Task to complete. An exact copy of all the data is the expected answer.
((
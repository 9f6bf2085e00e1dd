-- ===== src/Tools/Command.antt =====
-- The arguments of utils/gencctcmd.c and the device commands that it writes for them.
pub mod Laws
pub mod Text
pub mod Printed
pub mod Numbers
pub mod Bounds
use libedio.Base.{
  ℕ, zero, suc, ◌+◌, ◌*◌, ◌-◌, ◌/◌, ◌%◌, ◌^◌, bit_and, bit_or, Option, none, some, List, [], ◌∷◌,
  ◌++◌,
}
use libedio.Base.{
  Bool, true, false, not, ◌&&◌, ◌||◌, ltb, ◌==◌, if◌then◌else◌, ◌>>=◌, ℤ, pos, negsuc,
}
use libedio.Text.{starts_with, is_digit}

-- The local variables of parse_values_atten, with *mask_pin and *val.
pub record Parser : Type 0 where
  pub hval : ℕ
  pub type : ℕ
  pub got : Bool
  pub mask_pin : ℕ
  pub val : ℕ

-- What a call comes to: an error, or the end. Undefined behaviour is `none` around it.
pub data Parsed : Type 0 where
  failed : Parser → Parsed
  ended : Parser → Parsed

-- the number of digits that the string begins with
abbrev pub count_digits : List ℕ → ℕ
count_digits [] = 0
count_digits (c ∷ cs) = let rest = count_digits cs in if is_digit c then suc rest else 0

-- atoi, of a string that begins with digits, onto `value`
abbrev pub atoi : ℕ → List ℕ → ℕ
atoi value [] = value
atoi value (c ∷ cs) =
    let rest = atoi (value * 10 + (c - b'0')) cs in if is_digit c then rest else value

-- *mask_pin |= (0x01 << hval), or *val = hval. A shift by the width of the type is undefined, and so is
-- atoi of a number that no `int` holds.
abbrev pub take_value : ℕ → Parser → Option Parser
take_value hval p =
    if ltb hval (2 ^ 31)
    then (if p.type == 1
        then (if ltb hval 31
            then some
                (record p { hval = hval; got = true; mask_pin = bit_or p.mask_pin (2 ^ hval) })
            else none)
        else if p.type == 2
        then some (record p { hval = hval; got = true; val = hval })
        else some (record p { hval = hval; got = true }))
    else none

-- What one round of the loop does at the string from `p` on.
pub data Round : Type 0 where
  skip : ℕ → Parser → Round
  error : Parser → Round

-- the branches of one round. `skip n` goes on behind this character and the `n` next ones.
unfoldable pub step : List ℕ → Parser → Option Round
step s p =
    if starts_with (b'p' ∷ b'=' ∷ []) s
    then some (skip 1 (record p { type = 1; got = false }))
    else if starts_with (b'v' ∷ b'=' ∷ []) s
    then some (skip 1 (record p { type = 2; got = false }))
    else if starts_with (b'a' ∷ b'l' ∷ b'l' ∷ []) s
    then (if p.type == 1
        then some (skip 3 (record p { mask_pin = 0xFFFFFFFF; type = 0; got = true }))
        else some (error p))
    else if starts_with (b',' ∷ []) s
    then some (skip 0 p)
    else if starts_with (b';' ∷ []) s
    then some (skip 0 (record p { type = 0 }))
    else if ltb 0 (count_digits s)
    then (take_value (atoi 0 s) p >>= λ p'. some (skip (count_digits s) p'))
    else some (error p)

-- for (p = arg; p < arg + len; p ++), where the first `n` characters are skipped
unfoldable pub parse : ℕ → List ℕ → Parser → Option Parsed
parse n [] p = some (ended p)
parse (suc n) (c ∷ cs) p = parse n cs p
parse zero (c ∷ cs) p = elim (step (c ∷ cs) p) [
  | none ↦ none
  | some (error p') ↦ some (failed p')
  | some (skip n p') ↦ parse n cs p'
]

-- the result, *mask_pin and *val
abbrev pub parsed : Parsed → ℤ × ℕ × ℕ
parsed (failed p) = (negsuc 0, p.mask_pin, p.val)
parsed (ended p) =
    if p.type == 2 && not p.got then (negsuc 0, p.mask_pin, p.val) else (pos 0, p.mask_pin, p.val)

-- parse_values_atten: `arg` is a C string without its zero byte
unfoldable pub parse_values_atten : List ℕ → ℕ → Option (ℤ × ℕ × ℕ)
parse_values_atten [] val = some (negsuc 0, 0, val)
parse_values_atten (c ∷ cs) val =
    parse 0 (c ∷ cs) (record { hval = 0; type = 0; got = false; mask_pin = 0; val = val }) >>= λ r.
    some (parsed r)

-- EDIO24_INVALID_INT, as an `unsigned int`
abbrev pub invalid_int : ℕ
invalid_int = 2 ^ 32 - 1

-- what parse_values_power makes of the parser's results
abbrev pub power_result : ℤ → ℕ → ℕ → ℤ × ℕ
power_result (negsuc n) mask_pin val = (negsuc n, mask_pin)
power_result (pos n) mask_pin val =
    if val == invalid_int then (pos 0, mask_pin) else (negsuc 0, mask_pin)

-- parse_values_power
pub parse_values_power : List ℕ → Option (ℤ × ℕ)
parse_values_power arg = parse_values_atten arg invalid_int >>= λ r. some (power_result r.0 r.1 r.2)

-- The lines that the generator writes: commands, empty lines, and before the lines for a device a
-- comment, "# ConnectTo", with the device's row and number.
pub data Line : Type 0 where
  dconfig_w dout_w : ℕ → ℕ → Line
  dout_r blank : Line
  sleep : ℕ → Line
  connect_to : List ℕ → ℕ → Line

abbrev pub power_lines : ℤ → ℕ → ℤ × List Line
power_lines (pos zero) mask_pin = (
  pos 0,
  dconfig_w 0xFFFFFF 0 ∷ dout_w 0x0000FF (bit_and (bit_and mask_pin 0xFF) 0xFF) ∷ blank ∷ [],
)
power_lines ret mask_pin = (pos 1, [])

-- output_power: what it returns, and what it writes
pub output_power : List ℕ → Option (ℤ × List Line)
output_power arg = parse_values_power arg >>= λ r. some (power_lines r.0 r.1)

-- output_power_read
unfoldable pub output_power_read : List ℕ → ℤ × List Line
output_power_read arg = (pos 0, dout_r ∷ blank ∷ [])

abbrev pub atten_lines : ℤ → ℕ → ℕ → ℤ × List Line
atten_lines (pos zero) mask_pin val =
    let pins : ℕ = bit_and (bit_and mask_pin 0x00FF) 0xFF * 2 ^ 8 in
    (
      pos 0,
      dconfig_w 0xFFFFFF 0
          ∷ dout_w pins 0
          ∷ dout_w 0xFF0000 (bit_and val 0xFF * 2 ^ 16)
          ∷ sleep 1
          ∷ dout_w pins pins
          ∷ sleep 1
          ∷ dout_w pins 0
          ∷ dout_w 0xFF0000 0
          ∷ blank
          ∷ [],
    )
atten_lines ret mask_pin val = (pos 1, [])

-- output_atten; `val` is 31 where the argument sets none
unfoldable pub output_atten : List ℕ → Option (ℤ × List Line)
output_atten arg = parse_values_atten arg 31 >>= λ r. some (atten_lines r.0 r.1 r.2)

-- for (j = 0; j < 8; j++) in do_setpower: "%d," for every bit of the mask that is set
pub pin_list : ℕ → ℕ → ℕ → List ℕ
pin_list zero j mask_p = []
pin_list (suc left) j mask_p =
    let rest = pin_list left (j + 1) mask_p in
    if bit_and mask_p (2 ^ j) == 0 then rest else (b'0' + j) ∷ b',' ∷ rest

-- the argument that do_setpower hands to output_power
pub power_arg : ℕ → List ℕ
power_arg mask_p = b'p' ∷ b'=' ∷ pin_list 8 0 mask_p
))
Reply.
repository 9f6bf2085e00e1dd
-- ===== src/Tools/Command.antt =====
-- The arguments of utils/gencctcmd.c and the device commands that it writes for them.
pub mod Laws
pub mod Text
pub mod Printed
pub mod Numbers
pub mod Bounds
use libedio.Base.{
  ℕ, zero, suc, ◌+◌, ◌*◌, ◌-◌, ◌/◌, ◌%◌, ◌^◌, bit_and, bit_or, Option, none, some, List, [], ◌∷◌,
  ◌++◌,
}
use libedio.Base.{
  Bool, true, false, not, ◌&&◌, ◌||◌, ltb, ◌==◌, if◌then◌else◌, ◌>>=◌, ℤ, pos, negsuc,
}
use libedio.Text.{starts_with, is_digit}

-- The local variables of parse_values_atten, with *mask_pin and *val.
pub record Parser : Type 0 where
  pub hval : ℕ
  pub type : ℕ
  pub got : Bool
  pub mask_pin : ℕ
  pub val : ℕ

-- What a call comes to: an error, or the end. Undefined behaviour is `none` around it.
pub data Parsed : Type 0 where
  failed : Parser → Parsed
  ended : Parser → Parsed

-- the number of digits that the string begins with
abbrev pub count_digits : List ℕ → ℕ
count_digits [] = 0
count_digits (c ∷ cs) = let rest = count_digits cs in if is_digit c then suc rest else 0

-- atoi, of a string that begins with digits, onto `value`
abbrev pub atoi : ℕ → List ℕ → ℕ
atoi value [] = value
atoi value (c ∷ cs) =
    let rest = atoi (value * 10 + (c - b'0')) cs in if is_digit c then rest else value

-- *mask_pin |= (0x01 << hval), or *val = hval. A shift by the width of the type is undefined, and so is
-- atoi of a number that no `int` holds.
abbrev pub take_value : ℕ → Parser → Option Parser
take_value hval p =
    if ltb hval (2 ^ 31)
    then (if p.type == 1
        then (if ltb hval 31
            then some
                (record p { hval = hval; got = true; mask_pin = bit_or p.mask_pin (2 ^ hval) })
            else none)
        else if p.type == 2
        then some (record p { hval = hval; got = true; val = hval })
        else some (record p { hval = hval; got = true }))
    else none

-- What one round of the loop does at the string from `p` on.
pub data Round : Type 0 where
  skip : ℕ → Parser → Round
  error : Parser → Round

-- the branches of one round. `skip n` goes on behind this character and the `n` next ones.
unfoldable pub step : List ℕ → Parser → Option Round
step s p =
    if starts_with (b'p' ∷ b'=' ∷ []) s
    then some (skip 1 (record p { type = 1; got = false }))
    else if starts_with (b'v' ∷ b'=' ∷ []) s
    then some (skip 1 (record p { type = 2; got = false }))
    else if starts_with (b'a' ∷ b'l' ∷ b'l' ∷ []) s
    then (if p.type == 1
        then some (skip 3 (record p { mask_pin = 0xFFFFFFFF; type = 0; got = true }))
        else some (error p))
    else if starts_with (b',' ∷ []) s
    then some (skip 0 p)
    else if starts_with (b';' ∷ []) s
    then some (skip 0 (record p { type = 0 }))
    else if ltb 0 (count_digits s)
    then (take_value (atoi 0 s) p >>= λ p'. some (skip (count_digits s) p'))
    else some (error p)

-- for (p = arg; p < arg + len; p ++), where the first `n` characters are skipped
unfoldable pub parse : ℕ → List ℕ → Parser → Option Parsed
parse n [] p = some (ended p)
parse (suc n) (c ∷ cs) p = parse n cs p
parse zero (c ∷ cs) p = elim (step (c ∷ cs) p) [
  | none ↦ none
  | some (error p') ↦ some (failed p')
  | some (skip n p') ↦ parse n cs p'
]

-- the result, *mask_pin and *val
abbrev pub parsed : Parsed → ℤ × ℕ × ℕ
parsed (failed p) = (negsuc 0, p.mask_pin, p.val)
parsed (ended p) =
    if p.type == 2 && not p.got then (negsuc 0, p.mask_pin, p.val) else (pos 0, p.mask_pin, p.val)

-- parse_values_atten: `arg` is a C string without its zero byte
unfoldable pub parse_values_atten : List ℕ → ℕ → Option (ℤ × ℕ × ℕ)
parse_values_atten [] val = some (negsuc 0, 0, val)
parse_values_atten (c ∷ cs) val =
    parse 0 (c ∷ cs) (record { hval = 0; type = 0; got = false; mask_pin = 0; val = val }) >>= λ r.
    some (parsed r)

-- EDIO24_INVALID_INT, as an `unsigned int`
abbrev pub invalid_int : ℕ
invalid_int = 2 ^ 32 - 1

-- what parse_values_power makes of the parser's results
abbrev pub power_result : ℤ → ℕ → ℕ → ℤ × ℕ
power_result (negsuc n) mask_pin val = (negsuc n, mask_pin)
power_result (pos n) mask_pin val =
    if val == invalid_int then (pos 0, mask_pin) else (negsuc 0, mask_pin)

-- parse_values_power
pub parse_values_power : List ℕ → Option (ℤ × ℕ)
parse_values_power arg = parse_values_atten arg invalid_int >>= λ r. some (power_result r.0 r.1 r.2)

-- The lines that the generator writes: commands, empty lines, and before the lines for a device a
-- comment, "# ConnectTo", with the device's row and number.
pub data Line : Type 0 where
  dconfig_w dout_w : ℕ → ℕ → Line
  dout_r blank : Line
  sleep : ℕ → Line
  connect_to : List ℕ → ℕ → Line

abbrev pub power_lines : ℤ → ℕ → ℤ × List Line
power_lines (pos zero) mask_pin = (
  pos 0,
  dconfig_w 0xFFFFFF 0 ∷ dout_w 0x0000FF (bit_and (bit_and mask_pin 0xFF) 0xFF) ∷ blank ∷ [],
)
power_lines ret mask_pin = (pos 1, [])

-- output_power: what it returns, and what it writes
pub output_power : List ℕ → Option (ℤ × List Line)
output_power arg = parse_values_power arg >>= λ r. some (power_lines r.0 r.1)

-- output_power_read
unfoldable pub output_power_read : List ℕ → ℤ × List Line
output_power_read arg = (pos 0, dout_r ∷ blank ∷ [])

abbrev pub atten_lines : ℤ → ℕ → ℕ → ℤ × List Line
atten_lines (pos zero) mask_pin val =
    let pins : ℕ = bit_and (bit_and mask_pin 0x00FF) 0xFF * 2 ^ 8 in
    (
      pos 0,
      dconfig_w 0xFFFFFF 0
          ∷ dout_w pins 0
          ∷ dout_w 0xFF0000 (bit_and val 0xFF * 2 ^ 16)
          ∷ sleep 1
          ∷ dout_w pins pins
          ∷ sleep 1
          ∷ dout_w pins 0
          ∷ dout_w 0xFF0000 0
          ∷ blank
          ∷ [],
    )
atten_lines ret mask_pin val = (pos 1, [])

-- output_atten; `val` is 31 where the argument sets none
unfoldable pub output_atten : List ℕ → Option (ℤ × List Line)
output_atten arg = parse_values_atten arg 31 >>= λ r. some (atten_lines r.0 r.1 r.2)

-- for (j = 0; j < 8; j++) in do_setpower: "%d," for every bit of the mask that is set
pub pin_list : ℕ → ℕ → ℕ → List ℕ
pin_list zero j mask_p = []
pin_list (suc left) j mask_p =
    let rest = pin_list left (j + 1) mask_p in
    if bit_and mask_p (2 ^ j) == 0 then rest else (b'0' + j) ∷ b',' ∷ rest

-- the argument that do_setpower hands to output_power
pub power_arg : ℕ → List ℕ
power_arg mask_p = b'p' ∷ b'=' ∷ pin_list 8 0 mask_p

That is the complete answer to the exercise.